◆ PROBLEM DETAILS:
In the entries below, find the line with "told up connected = true" and the line with "ending _ = none"; give again those lines and every line between them, exactly.

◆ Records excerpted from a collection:
= Beginning of Section =

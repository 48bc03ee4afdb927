-- ===== src/Session/Connection/Run.antt =====
-- auth.go: the state of the connection after any events of the session.
use wa_agent_pipeline.Base.{
  ℕ, Text, ◌≡◌, refl, ap, ◌∙◌, Bool, true, false, Option, none, some, List, [], ◌∷◌, ◌++◌, arith,
}
use wa_agent_pipeline.Base.Int.{ℤ}
use wa_agent_pipeline.Texts.{text}
use wa_agent_pipeline.Files.{Files}
use wa_agent_pipeline.Health.{Status, Report, set_connection, prune, write}
use wa_agent_pipeline.Session.Connection.{
  LinkEvent, connected, disconnected, stream_replaced, other, logged_out, permanent_disconnect,
  Link, written_status, set_link, handle_connection_event, handle_events,
}

-- The state that the last event of the connection tells, or the one before.
abbrev told : Bool → LinkEvent → Bool
told up connected = true
told up other = up
told up _ = false

abbrev pub last_told : Bool → List LinkEvent → Bool
last_told up [] = up
last_told up (e ∷ es) = last_told (told up e) es

-- The error of an event that ends the session.
abbrev pub ending : LinkEvent → Option Text
ending (logged_out reason) = some (text "WhatsApp logged out: " ++ reason)
ending stream_replaced = some (text "WhatsApp stream replaced by another client")
ending (permanent_disconnect description) =
    some (text "WhatsApp permanent disconnect: " ++ description)
ending _ = none

abbrev either : Option Text → Option Text → Option Text
either none b = b
either (some a) b = some a

-- The first of them.
abbrev pub first_ending : List LinkEvent → Option Text
first_ending [] = none
first_ending (e ∷ es) = either (ending e) (first_ending es)

-- The status says that the session is up, or down: connected and logged in go together.
abbrev pub Says : Bool → Option Status → Type 0
Says up none = Unit
Says up (some s) = (s.connected ≡ up) × (s.logged_in ≡ up)

either_assoc : (a b c : Option Text) → either (either a b) c ≡ either a (either b c)
either_assoc none b c = refl
either_assoc (some a) b c = refl

module _ (encode : Report → List ℕ) (health_path : Text) (now : ℤ) where
  written_status-Says :
      (up : Bool) (s : Option Status) (fs : Files)
      → Says up (written_status encode health_path now up up s fs).0
  unfolding set_connection write prune
  written_status-Says up none fs = tt
  written_status-Says up (some s) fs = (ground arith, ground arith)

  abbrev handled : LinkEvent → Link → Link
  handled e l = (handle_connection_event encode health_path now e l).1

  set_link-Says : (up : Bool) (l : Link) → Says up (set_link encode health_path now up up l).status
  unfolding set_link
  set_link-Says up l = written_status-Says up l.status l.files

  set_link-fatal :
      (up : Bool) (l : Link) → (set_link encode health_path now up up l).fatal ≡ l.fatal
  unfolding set_link
  set_link-fatal up l = refl

  handled-Says :
      (up : Bool) (e : LinkEvent) (l : Link)
      → Says up l.status
      → Says (told up e) (handled e l).status
  unfolding handle_connection_event
  handled-Says up connected l v = set_link-Says true l
  handled-Says up disconnected l v = set_link-Says false l
  handled-Says up (logged_out reason) l v = set_link-Says false l
  handled-Says up stream_replaced l v = set_link-Says false l
  handled-Says up (permanent_disconnect description) l v = set_link-Says false l
  handled-Says up other l v = v

  handled-fatal : (e : LinkEvent) (l : Link) → (handled e l).fatal ≡ either l.fatal (ending e)
  unfolding handle_connection_event set_link
  handled-fatal e l = ground arith

  -- After any events of the session, from a status that says that the session is up or that it is
  -- down, the status says so of the state that the last event of the connection told, connected and
  -- logged in alike; and the error that ends the daemon is the one that was waiting before, or else
  -- that of the first event that ends the session.
  pub handle_events-Says :
      (es : List LinkEvent) (up : Bool) (l : Link)
      → Says up l.status
      → Says (last_told up es) (handle_events encode health_path now es l).status
        × ((handle_events encode health_path now es l).fatal ≡ either l.fatal (first_ending es))
  unfolding handle_events
  handle_events-Says [] up l v = (v, ground arith)
  handle_events-Says (e ∷ es) up l v =
      let (says, fatal) = handle_events-Says es (told up e) (handled e l) (handled-Says up e l v) in
      (
        says,
        fatal
            ∙ ap (λ f. either f (first_ending es)) (handled-fatal e l)
            ∙ either_assoc l.fatal (ending e) (first_ending es),
      )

= End of Section =

◆ COMPLETED TASK:
told up connected = true
told up other = up
told up _ = false

abbrev pub last_told : Bool → List LinkEvent → Bool
last_told up [] = up
last_told up (e ∷ es) = last_told (told up e) es

-- The error of an event that ends the session.
abbrev pub ending : LinkEvent → Option Text
ending (logged_out reason) = some (text "WhatsApp logged out: " ++ reason)
ending stream_replaced = some (text "WhatsApp stream replaced by another client")
ending (permanent_disconnect description) =
    some (text "WhatsApp permanent disconnect: " ++ description)
ending _ = none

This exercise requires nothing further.